MySQL AI 9.6  /  ...  /  NL2ML

8.1.14 NL2ML

The NL2ML (natural language to machine learning) routine allows you to ask questions and receive relevant citations from MySQL AI documentation.

Note

To use this feature, you must load the appropriate version of MySQL AI documentation to the folder defined by secure_file_priv. See Load MySQL AI Documentation.

NL2ML Syntax

mysql> CALL sys.NL2ML (query, response);

NL2ML parameters:

  • query: Enter a question in natural language related to MySQL HeatWave AutoML. For example, "What are the different types of machine learning models I can create?".

  • response: The name of the JSON object session variable that contains the response to the question.

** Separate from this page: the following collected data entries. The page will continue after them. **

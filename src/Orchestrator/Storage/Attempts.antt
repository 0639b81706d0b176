-- ===== src/Orchestrator/Storage/Attempts.antt =====
-- crates/engine/src/orchestrator/mod.rs: how often the calls of the track cache are tried again.
use alac_bot.Prelude.{
  ℕ, zero, suc, ◌+◌, ◌*◌, ◌^◌, ◌-◌, ◌≤◌, ◌≡◌, refl, Bool, true, false, ◌&&◌, Option, none, some,
  List, [], ◌∷◌, ltb, if◌then◌else◌, min, arith, subst,
}
use cubical.Cubical.Data.Empty.Base.{⊥*}
use alac_bot.Prelude.Words.{u64_mod}
use alac_bot.Orchestrator.Storage.{
  StorageRetryPolicy, Reply, delay_before_retry, is_unavailable, attempts_of, after_delay,
  retry_loop, find_cached_tracks_with_retry, save_track_with_retry,
}

-- From attempt `n` on, with `left` attempts after it: each delay follows an unavailable answer and is
-- the base delay times a power of two, no more than u64 holds. The answer returned is that of the last
-- attempt, and is unavailable only if no attempt is left.
abbrev pub IsRetried {ℓ} :
    {A : Type ℓ} → StorageRetryPolicy → (ℕ → Reply A) → ℕ → ℕ → Reply A → List ℕ → Type ℓ
IsRetried policy call n left reply [] = (reply ≡ call n) × (is_unavailable reply ≡ true → left ≡ 0)
IsRetried policy call n left reply (d ∷ delays) =
    (is_unavailable (call n) ≡ true)
    × (1 ≤ left)
    × (d ≡ min (policy.base_delay_ms * 2 ^ min n 31) (u64_mod - 1))
    × IsRetried policy call (n + 1) (left - 1) reply delays

-- The loop has ended with an answer.
abbrev pub IsAnswered {ℓ} :
    {A : Type ℓ} → StorageRetryPolicy → (ℕ → Reply A) → ℕ → ℕ → Option (Reply A × List ℕ) → Type ℓ
IsAnswered policy call n left none = ⊥*
IsAnswered policy call n left (some (reply, delays)) = IsRetried policy call n left reply delays

attempt_left : (n left total : ℕ) → n + left + 1 ≡ total → ltb (n + 1) total ≡ true → 1 ≤ left
attempt_left n left total h more = ground arith

no_attempt_left : (n left total : ℕ) → n + left + 1 ≡ total → ltb (n + 1) total ≡ false → left ≡ 0
no_attempt_left n left total h over = ground arith

suc_sub_one : (n : ℕ) → n ≡ suc n - 1
suc_sub_one n = omega arith

no_attempt : 1 ≤ 0 → ⊥
no_attempt h = omega (arith, h)

after_delay-IsAnswered {ℓ} :
    {A : Type ℓ} (policy : StorageRetryPolicy) (call : ℕ → Reply A) (n left : ℕ)
    (r : Option (Reply A × List ℕ))
    → is_unavailable (call n) ≡ true
    → 1 ≤ left
    → IsAnswered policy call (n + 1) (left - 1) r
    → IsAnswered policy call n left (after_delay (delay_before_retry policy n) r)
unfolding delay_before_retry
after_delay-IsAnswered policy call n left none u l h = h
after_delay-IsAnswered policy call n left (some (reply, delays)) u l h = (u, l, refl, h)

-- The loop goes on only after an unavailable answer that is not the last one.
if-IsAnswered {ℓ} :
    {A : Type ℓ} (policy : StorageRetryPolicy) (call : ℕ → Reply A) (n left : ℕ) (u more : Bool)
    (r : Option (Reply A × List ℕ))
    → is_unavailable (call n) ≡ u
    → ltb (n + 1) (attempts_of policy) ≡ more
    → n + left + 1 ≡ attempts_of policy
    → (u ≡ true → more ≡ true → IsAnswered policy call n left r)
    → IsAnswered policy call n left (if u && more then r else some (call n, []))
if-IsAnswered policy call n left true true r is_u is_more m h = h refl refl
if-IsAnswered policy call n left true false r is_u is_more m h =
    (refl, λ t. no_attempt_left n left (attempts_of policy) m is_more)
if-IsAnswered policy call n left false more r is_u is_more m h = (refl, λ t. cc)

retry_loop-IsAnswered {ℓ} :
    {A : Type ℓ} (policy : StorageRetryPolicy) (call : ℕ → Reply A) (left n : ℕ)
    → n + left + 1 ≡ attempts_of policy
    → IsAnswered policy call n left (retry_loop policy call (suc left) n)
unfolding retry_loop
retry_loop-IsAnswered policy call zero n m =
    if-IsAnswered policy call n zero (is_unavailable (call n)) (ltb (n + 1) (attempts_of policy)) _
      refl refl m
      λ u more. record {
        lower = elim (no_attempt (attempt_left n 0 (attempts_of policy) m more)) [ ];
      }
retry_loop-IsAnswered policy call (suc left) n m =
    if-IsAnswered policy call n (suc left) (is_unavailable (call n))
      (ltb (n + 1) (attempts_of policy)) _ refl refl m
      λ u more. after_delay-IsAnswered policy call n (suc left) _ u (omega arith) (
        subst (λ l. IsAnswered policy call (n + 1) l (retry_loop policy call (suc left) (n + 1)))
          (suc_sub_one left) (retry_loop-IsAnswered policy call left (n + 1) (omega (arith, m))))

fuel_enough : (policy : StorageRetryPolicy) → suc (attempts_of policy - 1) ≡ attempts_of policy
fuel_enough policy = omega arith

attempts_after_first :
    (policy : StorageRetryPolicy) → 0 + (attempts_of policy - 1) + 1 ≡ attempts_of policy
attempts_after_first policy = omega arith

attempts-IsAnswered {ℓ} :
    {A : Type ℓ} (policy : StorageRetryPolicy) (call : ℕ → Reply A)
    → IsAnswered policy call 0
        (attempts_of policy - 1)
        (retry_loop policy call (attempts_of policy) 0)
attempts-IsAnswered policy call =
    subst
      (λ fuel. IsAnswered policy call 0 (attempts_of policy - 1) (retry_loop policy call fuel 0))
      (fuel_enough policy)
      (retry_loop-IsAnswered policy call (attempts_of policy - 1) 0 (attempts_after_first policy))

-- Whatever the cache answers, the call comes back, after at most the attempts that the policy allows,
-- and at least one. It is tried again after unavailable answers only, and each time it has waited for
-- the base delay times two to the number of the attempt, which no longer grows after the 31st, and
-- is at most the largest value of u64. What it returns is the answer of its last attempt, which is
-- unavailable only if the attempts are used up.
pub find_cached_tracks_with_retry-IsAnswered {ℓ} :
    {A : Type ℓ} (policy : StorageRetryPolicy) (call : ℕ → Reply A)
    → IsAnswered policy call 0 (attempts_of policy - 1) (find_cached_tracks_with_retry policy call)
unfolding find_cached_tracks_with_retry
find_cached_tracks_with_retry-IsAnswered policy call = attempts-IsAnswered policy call

-- A track is saved in the same way.
save_track_with_retry-IsAnswered {ℓ} :
    {A : Type ℓ} (policy : StorageRetryPolicy) (call : ℕ → Reply A)
    → IsAnswered policy call 0 (attempts_of policy - 1) (save_track_with_retry policy call)
unfolding save_track_with_retry
save_track_with_retry-IsAnswered policy call = attempts-IsAnswered policy call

The nl2ml_options Session Variable

To use the NL2ML routine, you must set the skip_generate option to true. The default value is false. Review the following syntax example and see Use NL2ML with In-Database LLMs.

Syntax Example

After generating citations with NL2ML, retrieve a relevant table schema related to the question (ML_RETRIEVE_SCHEMA_METADATA), build a compact context string from the citations (GROUP_CONCAT), and generate a response that includes the citations, context, and retrieved table schema (ML_GENERATE).

mysql> SET @input = "How can I train a model to predict net worth of a singer?";

mysql> SET @nl2ml_options = JSON_OBJECT("skip_generate", true);

mysql> CALL sys.NL2ML(@input, @out);

mysql> SELECT JSON_PRETTY(@out);
JSON_PRETTY(@out)
{
  "citations": [
    {
      "segment": "<segment content>",
      "distance": 0.1023,
      "document_name": <mysql_ai_en.pdf>,
      "segment_number": <segment number>
    },
    ...
  ],
  "retrieval_info": {
    "method": "n_citations",
    "threshold": 0.114
  }
}
mysql> CALL sys.ML_RETRIEVE_SCHEMA_METADATA(@input, @retrieved, NULL);
  
mysql> SELECT @retrieved;
@retrieved
CREATE TABLE `mlcorpus`.`singer`(
  `Singer_ID` int,
  `Name` varchar,
  `Birth_Year` double,
  `Net_Worth_Millions` double,
  `Citizenship` varchar
);

mysql> SELECT GROUP_CONCAT(seg SEPARATOR '\n') INTO @ctx
FROM JSON_TABLE(JSON_EXTRACT(@out,'$.citations'),
'$[*]' COLUMNS (seg LONGTEXT PATH '$.segment')) AS jt;
  
mysql> SET @final_ctx = CONCAT(@ctx, '\n\nRetrieved tables:\n', @retrieved);
  
mysql> SELECT sys.ML_GENERATE(
@input,
JSON_OBJECT(
"task", "generation",
"model_id", "llama3.2-3b-instruct-v1",
"context", @final_ctx
)
) INTO @result;

mysql> SELECT JSON_UNQUOTE(JSON_EXTRACT(@result,'$.text')) AS generated_sql;
generated_sql
To train a model to predict the net worth of a singer, you can use the ML_TRAIN routine. First, prepare your dataset, 
which in this case seems to be the 'singer' table in the 'mlcorpus' schema. Ensure that the table has the necessary columns, 
such as 'Singer_ID', 'Name', 'Birth_Year', 'Net_Worth_Millions', and 'Citizenship'. 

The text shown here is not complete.